Problem to work on
Search the entries below for the string "then" and give the number of lines that hold it, nothing else.
***
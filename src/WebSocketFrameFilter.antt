-- ===== src/WebSocketFrameFilter.antt =====
-- src/chaos/WebSocketFrameFilter.ts. A buffer is a list of bytes, each below 256, and bits are read
-- by division. The decoding of UTF-8 is a parameter of the platform.
pub mod Bytes
pub mod Progress
pub mod Chunks
pub mod Feed
pub mod Encoding
pub mod Frames
pub mod Layout
pub mod Stream
pub mod Filtering
use Prim.Native.Nat.{bit_xor}
use pulse_distributed_real_t.Prelude.{
  ℕ, zero, suc, ◌+◌, ◌-◌, ◌*◌, ◌/◌, ◌%◌, String, Bool, true, false, ltb, leb, ◌==◌, if◌then◌else◌,
  Option, none, some, List, [], ◌∷◌, ◌++◌, length, take, drop,
}

abbrev pub Buffer : Type 0
Buffer = List ℕ

pub record DecodedWebSocketFrame : Type 0 where
  pub fin : Bool
  pub rsv : ℕ
  pub opcode : ℕ
  pub masked : Bool
  pub mask_key : Option Buffer
  pub payload_length : ℕ
  pub payload : Buffer
  pub text : Option String

abbrev pub FrameDropPredicate : Type 0
FrameDropPredicate = DecodedWebSocketFrame → Bool

pub record WebSocketFrameFilter : Type 0 where
  pub buffer : Buffer
  pub drop_predicate : Option FrameDropPredicate

unfoldable pub new_frame_filter : Option FrameDropPredicate → WebSocketFrameFilter
new_frame_filter drop_predicate = record { buffer = []; drop_predicate = drop_predicate }

unfoldable pub set_drop_predicate :
    WebSocketFrameFilter → Option FrameDropPredicate → WebSocketFrameFilter
set_drop_predicate f drop_predicate = record f { drop_predicate = drop_predicate }

unfoldable pub clear : WebSocketFrameFilter → WebSocketFrameFilter
clear f = record f { buffer = [] }

-- Number.MAX_SAFE_INTEGER
abbrev pub max_safe_integer : ℕ
max_safe_integer = 9_007_199_254_740_991

-- The byte at an index, read only within the buffer.
unfoldable pub byte_at : Buffer → ℕ → ℕ
byte_at [] i = 0
byte_at (x ∷ b) zero = x
byte_at (x ∷ b) (suc i) = byte_at b i

unfoldable pub subarray : Buffer → ℕ → ℕ → Buffer
subarray b from to = take (to - from) (drop from b)

-- An unsigned integer, the most significant byte first.
unfoldable pub read_uint_be : ℕ → Buffer → ℕ
read_uint_be n [] = n
read_uint_be n (x ∷ b) = read_uint_be (n * 256 + x) b

-- The header without the mask: its length and the payload's, unless bytes are missing or the length
-- is too large.
pub data Header : Type 0 where
  header_incomplete : Header
  header_too_long : ℕ → Header
  header : ℕ → ℕ → Header

unfoldable pub read_header : Buffer → Header
unfolding byte_at subarray read_uint_be
read_header b =
    let length_indicator = byte_at b 1 % 128 in
    if length_indicator == 126
    then (if ltb (length b) 4
        then header_incomplete
        else header 4 (read_uint_be 0 (subarray b 2 4)))
    else if length_indicator == 127
    then (if ltb (length b) 10
        then header_incomplete
        else let big_len = read_uint_be 0 (subarray b 2 10) in
          if ltb max_safe_integer big_len then header_too_long big_len else header 10 big_len)
    else header 2 length_indicator

-- The bytes of the payload from the index `i` on, each with its byte of the key.
unfoldable pub unmask : Buffer → ℕ → Buffer → Buffer
unfolding byte_at
unmask key i [] = []
unmask key i (x ∷ payload) = bit_xor x (byte_at key (i % 4)) ∷ unmask key (suc i) payload

unfoldable pub unmasked : Option Buffer → Buffer → Buffer
unfolding unmask
unmasked none payload = payload
unmasked (some key) payload = unmask key 0 payload

pub data Scan : Type 0 where
  incomplete : Scan
  too_long : ℕ → Scan
  frame : DecodedWebSocketFrame → Buffer → Buffer → Scan

module _ (utf8 : Buffer → String) where
  unfoldable pub decode_frame : Buffer → Option Buffer → ℕ → Buffer → DecodedWebSocketFrame
  unfolding byte_at
  decode_frame b mask_key payload_length payload = record {
    fin = leb 128 (byte_at b 0);
    rsv = byte_at b 0 / 16 % 8;
    opcode = byte_at b 0 % 16;
    masked = leb 128 (byte_at b 1);
    mask_key = mask_key;
    payload_length = payload_length;
    payload = payload;
    text = if byte_at b 0 % 16 == 1 then some (utf8 payload) else none;
  }

  -- The frame with its raw bytes, and what is left of the buffer.
  unfoldable pub complete_frame : Buffer → ℕ → ℕ → Option Buffer → Scan
  unfolding decode_frame subarray unmasked
  complete_frame b header_length payload_length mask_key =
      let total = header_length + payload_length in
      let raw_payload = subarray b header_length total in
      let payload = unmasked mask_key raw_payload in
      if ltb (length b) total
      then incomplete
      else frame (decode_frame b mask_key payload_length payload) (subarray b 0 total)
          (drop total b)

  unfoldable pub after_header : Buffer → Header → Scan
  unfolding complete_frame subarray byte_at
  after_header b header_incomplete = incomplete
  after_header b (header_too_long n) = too_long n
  after_header b (header header_length payload_length) =
      if leb 128 (byte_at b 1)
      then (if ltb (length b) (header_length + 4)
          then incomplete
          else complete_frame b (header_length + 4) payload_length
              (some (subarray b header_length (header_length + 4))))
      else complete_frame b header_length payload_length none

  -- One turn of the loop up to the drop predicate.
  unfoldable pub next_frame : Buffer → Scan
  unfolding after_header read_header
  next_frame b = if ltb (length b) 2 then incomplete else after_header b (read_header b)

-- What a call gives. The chunks found before an error are lost.
pub data Outcome : Type 0 where
  chunks : List Buffer → Outcome
  threw : ℕ → Outcome
  unfinished : Outcome

unfoldable pub should_drop : Option FrameDropPredicate → DecodedWebSocketFrame → Bool
should_drop none f = false
should_drop (some predicate) f = predicate f

unfoldable pub prepend : List Buffer → Outcome → Outcome
prepend output (chunks later) = chunks (output ++ later)
prepend output (threw n) = threw n
prepend output unfinished = unfinished

module _ (utf8 : Buffer → String) (drop_predicate : Option FrameDropPredicate) where
  unfoldable pub forwarded : DecodedWebSocketFrame → Buffer → List Buffer
  unfolding should_drop
  forwarded f raw = if should_drop drop_predicate f then [] else raw ∷ []

  -- The loop, on fuel.
  unfoldable pub scan : ℕ → Buffer → Buffer × Outcome
  unfolding forwarded prepend next_frame
  scan zero b = (b, unfinished)
  scan (suc fuel) b = elim (next_frame utf8 b) [
    | incomplete ↦ (b, chunks [])
    | too_long n ↦ (b, threw n)
    | frame f raw rest ↦
        let (final, later) = scan fuel rest in (final, prepend (forwarded f raw) later)
  ]

module _ (utf8 : Buffer → String) where
  unfoldable pub process_chunk : WebSocketFrameFilter → Buffer → WebSocketFrameFilter × Outcome
  unfolding scan
  process_chunk f [] = (f, chunks [])
  process_chunk f (x ∷ chunk) =
      let b = f.buffer ++ (x ∷ chunk) in
      let (final, outcome) = scan utf8 f.drop_predicate (suc (length b)) b in
      (record f { buffer = final }, outcome)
***
Response to this task
12